It will happen if you have to change anything on your book at all.

But quite honestly I wouldn't worry about it, it's just a few less words.


----------



## Stephanie Vercier

Thanks for this amazing thread Evenstar! I know I skimmed your advice before, but today I really read your first main post and latest updates and realized how repetitive and non-descriptive my keywords are. Updated both of my books, and will see if they get a bit more tread or end up in any new subcategories


----------



## Jan Hurst-Nicholson

I see that the 7 keywords are now in separate blocks with 50 characters per block. I had to take some words out of one block and put them into another when I updated something.


----------



## IreneP

Jan Hurst-Nicholson said:


> I see that the 7 keywords are now in separate blocks with 50 characters per block. I had to take some words out of one block and put them into another when I updated something.
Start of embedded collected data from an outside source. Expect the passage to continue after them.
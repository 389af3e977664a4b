-- ===== src/Repository/Events/Retention.antt =====
-- Pruning keeps exactly the events from the cutoff on, and counts the rest; counting by result
-- counts every event once.
use vpp_wl_mobile.Prelude.{
  ℕ, ◌+◌, ◌-◌, String, ◌≡◌, refl, ◌∙◌, not, Option, none, some, List, [], ◌∷◌, arith, ◌==◌, eq_iff,
  if◌then◌else◌, or_else, length, keep, length-keep-not,
}
use vpp_wl_mobile.Prelude.Dict
use vpp_wl_mobile.Prelude.Dict.{Distinct, get-insert, get-pop, insert-Distinct, pop-Distinct}
use vpp_wl_mobile.Models.{NodeHealthEvent}
use vpp_wl_mobile.Repository.{Repo}
use vpp_wl_mobile.Repository.Events.{
  bucket_of, checked_since, prune_bucket, prune_buckets, prune_node_health_events, has_error,
  Counts, count_events, count_buckets, count_node_health_events_by_result,
}

-- A dict of events as the methods leave it: no node twice.
abbrev Buckets : Type 0
Buckets = Dict.Dict (List NodeHealthEvent)

abbrev pub nonempty : List NodeHealthEvent → Option (List NodeHealthEvent)
nonempty [] = none
nonempty (e ∷ es) = some (e ∷ es)

-- What the loop leaves under a key: that of the items if it is among them.
abbrev pruned :
    ℕ
    → Option (List NodeHealthEvent)
    → Option (List NodeHealthEvent)
    → Option (List NodeHealthEvent)
pruned cutoff none old = old
pruned cutoff (some events) old = nonempty (keep (checked_since cutoff) events)

get-prune_bucket :
    (id j : String) (events kept : List NodeHealthEvent) (n : ℕ) (d : Buckets)
    → Dict.get j (prune_bucket id events kept n d).0
      ≡ (if id == j then nonempty kept else Dict.get j d)
get-prune_bucket id j events [] n d = get-pop id j d
get-prune_bucket id j events (e ∷ kept) n d = get-insert id j (e ∷ kept) d

prune_bucket-Distinct :
    (id : String) (events kept : List NodeHealthEvent) (n : ℕ) (d : Buckets)
    → Distinct d
    → Distinct (prune_bucket id events kept n d).0
prune_bucket-Distinct id events [] n d h = pop-Distinct id d h
prune_bucket-Distinct id events (e ∷ kept) n d h = insert-Distinct id (e ∷ kept) d h

get-prune_buckets :
    (cutoff : ℕ) (j : String) (items : Buckets) (d : Buckets) (n : ℕ)
    → Distinct items
    → Dict.get j (prune_buckets cutoff items (d, n)).0
      ≡ pruned cutoff (Dict.get j items) (Dict.get j d)
unfolding prune_buckets Dict.get
get-prune_buckets cutoff j [] d n h = refl
get-prune_buckets cutoff j ((id, events) ∷ items) d n h =
    let kept = keep (checked_since cutoff) events in
    let (d', n') = prune_bucket id events kept n d in
    ground (
      arith,
      get-prune_buckets cutoff j items d' n' h.1,
      get-prune_bucket id j events kept n d,
      eq_iff id j,
      h.0,
    )

prune_buckets-Distinct :
    (cutoff : ℕ) (items d : Buckets) (n : ℕ)
    → Distinct d
    → Distinct (prune_buckets cutoff items (d, n)).0
unfolding prune_buckets
prune_buckets-Distinct cutoff [] d n h = h
prune_buckets-Distinct cutoff ((id, events) ∷ items) d n h =
    let kept = keep (checked_since cutoff) events in
    let (d', n') = prune_bucket id events kept n d in
    prune_buckets-Distinct cutoff items d' n' (prune_bucket-Distinct id events kept n d h)

-- The events before the cutoff, counted.
abbrev pub stale : ℕ → List (List NodeHealthEvent) → ℕ
stale cutoff [] = 0
stale cutoff (events ∷ rest) =
    length (keep (λ e. not (checked_since cutoff e)) events) + stale cutoff rest

prune_bucket_count :
    (cutoff : ℕ) (id : String) (events kept : List NodeHealthEvent) (n : ℕ) (d : Buckets)
    → (prune_bucket id events kept n d).1 ≡ n + (length events - length kept)
prune_bucket_count cutoff id events [] n d = omega arith
prune_bucket_count cutoff id events (e ∷ kept) n d = refl

prune_buckets_count :
    (cutoff : ℕ) (items d : Buckets) (n : ℕ)
    → (prune_buckets cutoff items (d, n)).1 ≡ n + stale cutoff (Dict.values items)
unfolding prune_buckets Dict.values
prune_buckets_count cutoff [] d n = omega arith
prune_buckets_count cutoff ((id, events) ∷ items) d n =
    let kept = keep (checked_since cutoff) events in
    let (d', n') = prune_bucket id events kept n d in
    omega (
      arith,
      prune_buckets_count cutoff items d' n',
      prune_bucket_count cutoff id events kept n d,
      length-keep-not (checked_since cutoff) events,
    )

-- What `prune_node_health_events` has done.
pub record Prunes (cutoff deleted : ℕ) (before after : Repo) : Type 0 where
  pub kept :
      (id : String)
      → Dict.get id after.health_events_by_node_id
        ≡ nonempty (keep (checked_since cutoff) (bucket_of id before))
  pub distinct : Distinct after.health_events_by_node_id
  pub counted : deleted ≡ stale cutoff (Dict.values before.health_events_by_node_id)

pruned_bucket :
    (cutoff : ℕ) (o : Option (List NodeHealthEvent))
    → pruned cutoff o o ≡ nonempty (keep (checked_since cutoff) (or_else o []))
pruned_bucket cutoff none = refl
pruned_bucket cutoff (some events) = refl

-- Where no node stands twice, `prune_node_health_events` leaves each node exactly its events from
-- the cutoff on, in their order, and no empty list, and returns the number of the others.
pub prune_node_health_events-Prunes :
    (cutoff : ℕ) (r : Repo)
    → Distinct r.health_events_by_node_id
    → Prunes cutoff (prune_node_health_events cutoff r).0 r (prune_node_health_events cutoff r).1
unfolding prune_node_health_events
prune_node_health_events-Prunes cutoff r h =
    let d = r.health_events_by_node_id in
    record {
      kept = λ id. get-prune_buckets cutoff id d d 0 h ∙ pruned_bucket cutoff (Dict.get id d);
      distinct = prune_buckets-Distinct cutoff d d 0 h;
      counted = omega (arith, prune_buckets_count cutoff d d 0);
    }

count_events_lem :
    (events : List NodeHealthEvent) (c : Counts)
    → count_events events c ≡ record {
      success = c.success + length (keep (λ e. not (has_error e)) events);
      failure = c.failure + length (keep has_error events);
    }
unfolding count_events
count_events_lem [] c = ground arith
count_events_lem (e ∷ es) c = ground (
  arith,
  count_events_lem es (record c { failure = c.failure + 1 }),
  count_events_lem es (record c { success = c.success + 1 }),
)

-- The events with and without an error, over all nodes.
abbrev pub failures : List (List NodeHealthEvent) → ℕ
failures [] = 0
failures (events ∷ rest) = length (keep has_error events) + failures rest

abbrev pub total : List (List NodeHealthEvent) → ℕ
total [] = 0
total (events ∷ rest) = length events + total rest

count_buckets_lem :
    (bs : List (List NodeHealthEvent)) (c : Counts)
    → ((count_buckets bs c).failure ≡ c.failure + failures bs)
      × ((count_buckets bs c).success + (count_buckets bs c).failure
          ≡ c.success + c.failure + total bs)
unfolding count_buckets
count_buckets_lem [] c = omega arith
count_buckets_lem (events ∷ bs) c = ground (
  arith,
  count_buckets_lem bs (count_events events c),
  count_events_lem events c,
  length-keep-not has_error events,
)

-- `count_node_health_events_by_result` counts as failures exactly the events that have an error,
-- and every other event as a success.
count_node_health_events_by_result_lem :
    (r : Repo)
    → let c = count_node_health_events_by_result r in
      let events = Dict.values r.health_events_by_node_id in
      (c.failure ≡ failures events) × (c.success + c.failure ≡ total events)
unfolding count_node_health_events_by_result
count_node_health_events_by_result_lem r = omega (
  arith,
  count_buckets_lem (Dict.values r.health_events_by_node_id) (record { success = 0; failure = 0 }),
)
Okay - just ran up against this.

Does anybody know if this changes anything else? Can we still stuff those blocks?


----------



## katrina46

IreneP said:


> Okay - just ran up against this.
> 
> Does anybody know if this changes anything else? Can we still stuff those blocks?
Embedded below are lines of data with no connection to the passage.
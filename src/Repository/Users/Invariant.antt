-- ===== src/Repository/Users/Invariant.antt =====
-- The three dicts of users and subscriptions agree, and every method keeps them so.
use vpp_wl_mobile.Prelude.{
  sym, ◌∙◌, ◌≢◌, refl, Option-cases, ℕ, String, ◌≡◌, inl, inr, false, none, some, arith, ◌==◌,
  eq_iff, eq_refl, Bool-cases, is_empty,
}
use vpp_wl_mobile.Prelude.Dict
use vpp_wl_mobile.Prelude.Dict.{dict_laws, get-insert, get-pop}
use vpp_wl_mobile.Repository.Users.{
  without_user, existing_user, get_or_create_user, new_user, create_user,
}
use vpp_wl_mobile.Errors.{ok, Result}
use vpp_wl_mobile.Models.{User, Subscription}
use vpp_wl_mobile.Repository.{Repo}

-- The user that an identifier stands for.
abbrev pub Known : Repo → String → Type 0
Known r id = (u : User) × (Dict.get id r.users_by_id ≡ some u)

pub record IsConsistent (r : Repo) : Type 0 where
  pub indexed :
      (d id : String)
      → Dict.get d r.users_by_device_id ≡ some id
      → (u : User) × (Dict.get id r.users_by_id ≡ some u) × (u.device_id ≡ d)
  pub listed :
      (id : String) (u : User)
      → Dict.get id r.users_by_id ≡ some u
      → (u.id ≡ id) × (Dict.get u.device_id r.users_by_device_id ≡ some id) × (is_empty id ≡ false)
  pub subscribed :
      (id : String) (s : Subscription)
      → Dict.get id r.subscriptions_by_user_id ≡ some s
      → (s.user_id ≡ id) × Known r id

-- An identifier that `new_id` may return: it is not empty, and no user has it.
pub record IsFresh (r : Repo) (uid : String) : Type 0 where
  pub unused : Dict.get uid r.users_by_id ≡ none
  pub nonempty : is_empty uid ≡ false

module _ (uid d : String) (now : ℕ) (r : Repo) (inv : IsConsistent r) (fresh : IsFresh r uid)
    (absent : Dict.get d r.users_by_device_id ≡ none) where
  abbrev r' : Repo
  r' = (create_user uid d now r).1

  still_known :
      (id : String) (u : User)
      → Dict.get id r.users_by_id ≡ some u
      → Dict.get id r'.users_by_id ≡ some u
  unfolding create_user
  still_known id u h = simp get-insert (ground (arith, eq_iff uid id, fresh.unused))

  create-indexed :
      (e id : String)
      → Dict.get e r'.users_by_device_id ≡ some id
      → (u : User) × (Dict.get id r'.users_by_id ≡ some u) × (u.device_id ≡ e)
  unfolding create_user
  create-indexed e id h = elim (Bool-cases (d == e)) [
    | inl same ↦
        let k : uid ≡ id = ground (arith, get-insert d e uid r.users_by_device_id) in
        (new_user uid d now, rw get-insert (ground (arith, eq_iff uid id)), (eq_iff d e).0 same)
    | inr other ↦
        let k : Dict.get e r.users_by_device_id ≡ some id =
          ground (arith, get-insert d e uid r.users_by_device_id) in
        let (u, known, dev) = inv.indexed e id k in (u, still_known id u known, dev)
  ]

  create-listed :
      (id : String) (u : User)
      → Dict.get id r'.users_by_id ≡ some u
      → (u.id ≡ id) × (Dict.get u.device_id r'.users_by_device_id ≡ some id) × (is_empty id ≡ false)
  unfolding create_user
  create-listed id u h = ground (
    arith,
    get-insert uid id (new_user uid d now) r.users_by_id,
    eq_iff uid id,
    fresh.nonempty,
    inv.listed id u,
    get-insert d u.device_id uid r.users_by_device_id,
    eq_iff d u.device_id,
    eq_refl d,
    absent,
  )

  create-subscribed :
      (id : String) (s : Subscription)
      → Dict.get id r'.subscriptions_by_user_id ≡ some s
      → (s.user_id ≡ id) × Known r' id
  unfolding create_user
  create-subscribed id s h =
      let (own, (u, known)) = inv.subscribed id s h in (own, (u, still_known id u known))

  create_user-IsConsistent : IsConsistent r'
  create_user-IsConsistent = record {
    indexed = create-indexed;
    listed = create-listed;
    subscribed = create-subscribed;
  }

-- A device that is listed already gets its user back, and nothing changes.
existing_run :
    (d uid id : String) (now : ℕ) (u : User) (r : Repo)
    → Dict.get d r.users_by_device_id ≡ some id
    → Dict.get id r.users_by_id ≡ some u
    → is_empty id ≡ false
    → get_or_create_user d uid now r ≡ (ok u, r)
unfolding get_or_create_user
existing_run d uid id now u r h known nonempty =
    rw (h, get_or_create_user) (rw nonempty (rw (known, existing_user)))

-- What the caller of `get_or_create_user` relies on.
abbrev pub Delivers : String → Result User × Repo → Type 0
Delivers d (res, r) =
    IsConsistent r
    × ((u : User) × (res ≡ ok u)
        × (u.device_id ≡ d)
        × (Dict.get u.id r.users_by_id ≡ some u)
        × (Dict.get d r.users_by_device_id ≡ some u.id))

create-Delivers :
    (d uid : String) (now : ℕ) (r : Repo)
    → IsConsistent r
    → IsFresh r uid
    → Dict.get d r.users_by_device_id ≡ none
    → Delivers d (create_user uid d now r)
create-Delivers d uid now r inv fresh absent = (
  create_user-IsConsistent uid d now r inv fresh absent,
  (
    new_user uid d now,
    (unfold create_user in refl),
    refl,
    (unfold create_user in Dict.get-insert_self uid (new_user uid d now) r.users_by_id),
    (unfold create_user in Dict.get-insert_self d uid r.users_by_device_id),
  ),
)

create_branch :
    (d uid : String) (now : ℕ) (r : Repo)
    → Dict.get d r.users_by_device_id ≡ none
    → get_or_create_user d uid now r ≡ create_user uid d now r
unfolding get_or_create_user
create_branch d uid now r h = rw (h, get_or_create_user)

-- From a consistent repository and a fresh identifier, `get_or_create_user` raises nothing: it
-- returns a user of the device, listed under both keys, in a consistent repository.
pub get_or_create_user-Delivers :
    (d uid : String) (now : ℕ) (r : Repo)
    → IsConsistent r
    → IsFresh r uid
    → Delivers d (get_or_create_user d uid now r)
get_or_create_user-Delivers d uid now r inv fresh =
    elim (Option-cases (Dict.get d r.users_by_device_id)) [
      | inl absent ↦
          rw (create_branch d uid now r absent) (create-Delivers d uid now r inv fresh absent)
      | inr (id, h) ↦
          let (u, known, dev) = inv.indexed d id h in
          let (own, _, nonempty) = inv.listed id u known in
          rw (existing_run d uid id now u r h known nonempty) (inv, (u, refl, dev, cc, cc))
    ]

-- A second call for the same device, whatever identifier it draws, returns the same user and changes
-- nothing.
get_or_create_user_twice :
    (d uid uid' : String) (now now' : ℕ) (r : Repo)
    → IsConsistent r
    → IsFresh r uid
    → get_or_create_user d uid' now' (get_or_create_user d uid now r).1
      ≡ get_or_create_user d uid now r
get_or_create_user_twice d uid uid' now now' r inv fresh =
    let (inv', (u, res, dev, known, at_device)) =
      get_or_create_user-Delivers d uid now r inv fresh in
    let s : Repo = (get_or_create_user d uid now r).1 in
    let (_, _, nonempty) = inv'.listed u.id u known in
    existing_run d uid' u.id now' u s at_device known nonempty ∙ (λ i. (sym res i, s))

module _ (id : String) (u : User) (r : Repo) (inv : IsConsistent r)
    (known : Dict.get id r.users_by_id ≡ some u) where
  abbrev left : Repo
  left = without_user id u r

  delete-indexed :
      (e j : String)
      → Dict.get e left.users_by_device_id ≡ some j
      → (v : User) × (Dict.get j left.users_by_id ≡ some v) × (v.device_id ≡ e)
  unfolding without_user
  delete-indexed e j h =
      let at : Dict.get e r.users_by_device_id ≡ some j =
        ground (arith, get-pop u.device_id e r.users_by_device_id) in
      let (v, there, dev) = inv.indexed e j at in
      (
        v,
        ground (
          arith,
          get-pop id j r.users_by_id,
          get-pop u.device_id e r.users_by_device_id,
          eq_iff id j,
          eq_iff u.device_id e,
        ),
        dev,
      )

  delete-listed :
      (j : String) (v : User)
      → Dict.get j left.users_by_id ≡ some v
      → (v.id ≡ j) × (Dict.get v.device_id left.users_by_device_id ≡ some j) × (is_empty j ≡ false)
  unfolding without_user
  delete-listed j v h = ground (
    arith,
    get-pop id j r.users_by_id,
    get-pop u.device_id v.device_id r.users_by_device_id,
    eq_iff id j,
    eq_iff u.device_id v.device_id,
    inv.listed j v,
    inv.listed id u,
  )

  delete-subscribed :
      (j : String) (s : Subscription)
      → Dict.get j left.subscriptions_by_user_id ≡ some s
      → (s.user_id ≡ j) × Known left j
  unfolding without_user
  delete-subscribed j s h =
      let at : Dict.get j r.subscriptions_by_user_id ≡ some s =
        ground (arith, get-pop id j r.subscriptions_by_user_id) in
      let (own, (v, there)) = inv.subscribed j s at in
      (
        own,
        (v, ground (arith, get-pop id j r.users_by_id, get-pop id j r.subscriptions_by_user_id)),
      )

  pub unlisted : (e : String) → Dict.get e left.users_by_device_id ≢ some id
  unfolding without_user
  unlisted e h = let (v, there, _) = delete-indexed e id h in gone v there
    where
      gone : (v : User) → Dict.get id left.users_by_id ≢ some v
      gone v there = ground (arith, get-pop id id r.users_by_id, eq_refl id)

  pub without_user-IsConsistent : IsConsistent left
  without_user-IsConsistent = record {
    indexed = delete-indexed;
    listed = delete-listed;
    subscribed = delete-subscribed;
  }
I did and people are buying my new release which just went live yesterday, so I assume the keywords are working fine.


----------



## Jan Hurst-Nicholson

IreneP said:


> Okay - just ran up against this.
> 
> Does anybody know if this changes anything else? Can we still stuff those blocks?


You can add words until you get to 50 characters per block


----------



## Harald

Jan Hurst-Nicholson said:


> You can add words until you get to 50 characters per block


Yep. I started a book with the single keyword block and filled it with 394 characters. When I recently went back to update the book, I was presented with the 7 blocks. I tried to "stuff" them but Zon rejected, and I had to use the 50-chr limit for each. So I just broke my long list apart, spread 'em out into the blocks, and I'm showing the same categories as before.


----------



## ChristinaGarner

Hey guys. I've been stalking this thread forever and have learned a lot--thank you!

I wanted to let you know that today I went to upload the final file for my preorder and noticed that some of my keywords had been deleted. (By Amazon.)

They were ones I'd separated with a comma. The other 6 strings remained intact. Just an FYI in case it happens to anyone else. I wouldn't have thought to check that except I happened to be uploading. I added them back in, sans commas, so I'll see if they stick this time.

If anyone else used commas and has the new format, I'd be curious if yours were deleted as well or if mine was an anomaly.


----------



## Jan Hurst-Nicholson

ChristinaGarner said:


> Hey guys. I've been stalking this thread forever and have learned a lot--thank you!
> 
> I wanted to let you know that today I went to upload the final file for my preorder and noticed that some of my keywords had been deleted. (By Amazon.)
> 
> They were ones I'd separated with a comma. The other 6 strings remained intact. Just an FYI in case it happens to anyone else. I wouldn't have thought to check that except I happened to be uploading. I added them back in, sans commas, so I'll see if they stick this time.
> 
> If anyone else used commas and has the new format, I'd be curious if yours were deleted as well or if mine was an anomaly.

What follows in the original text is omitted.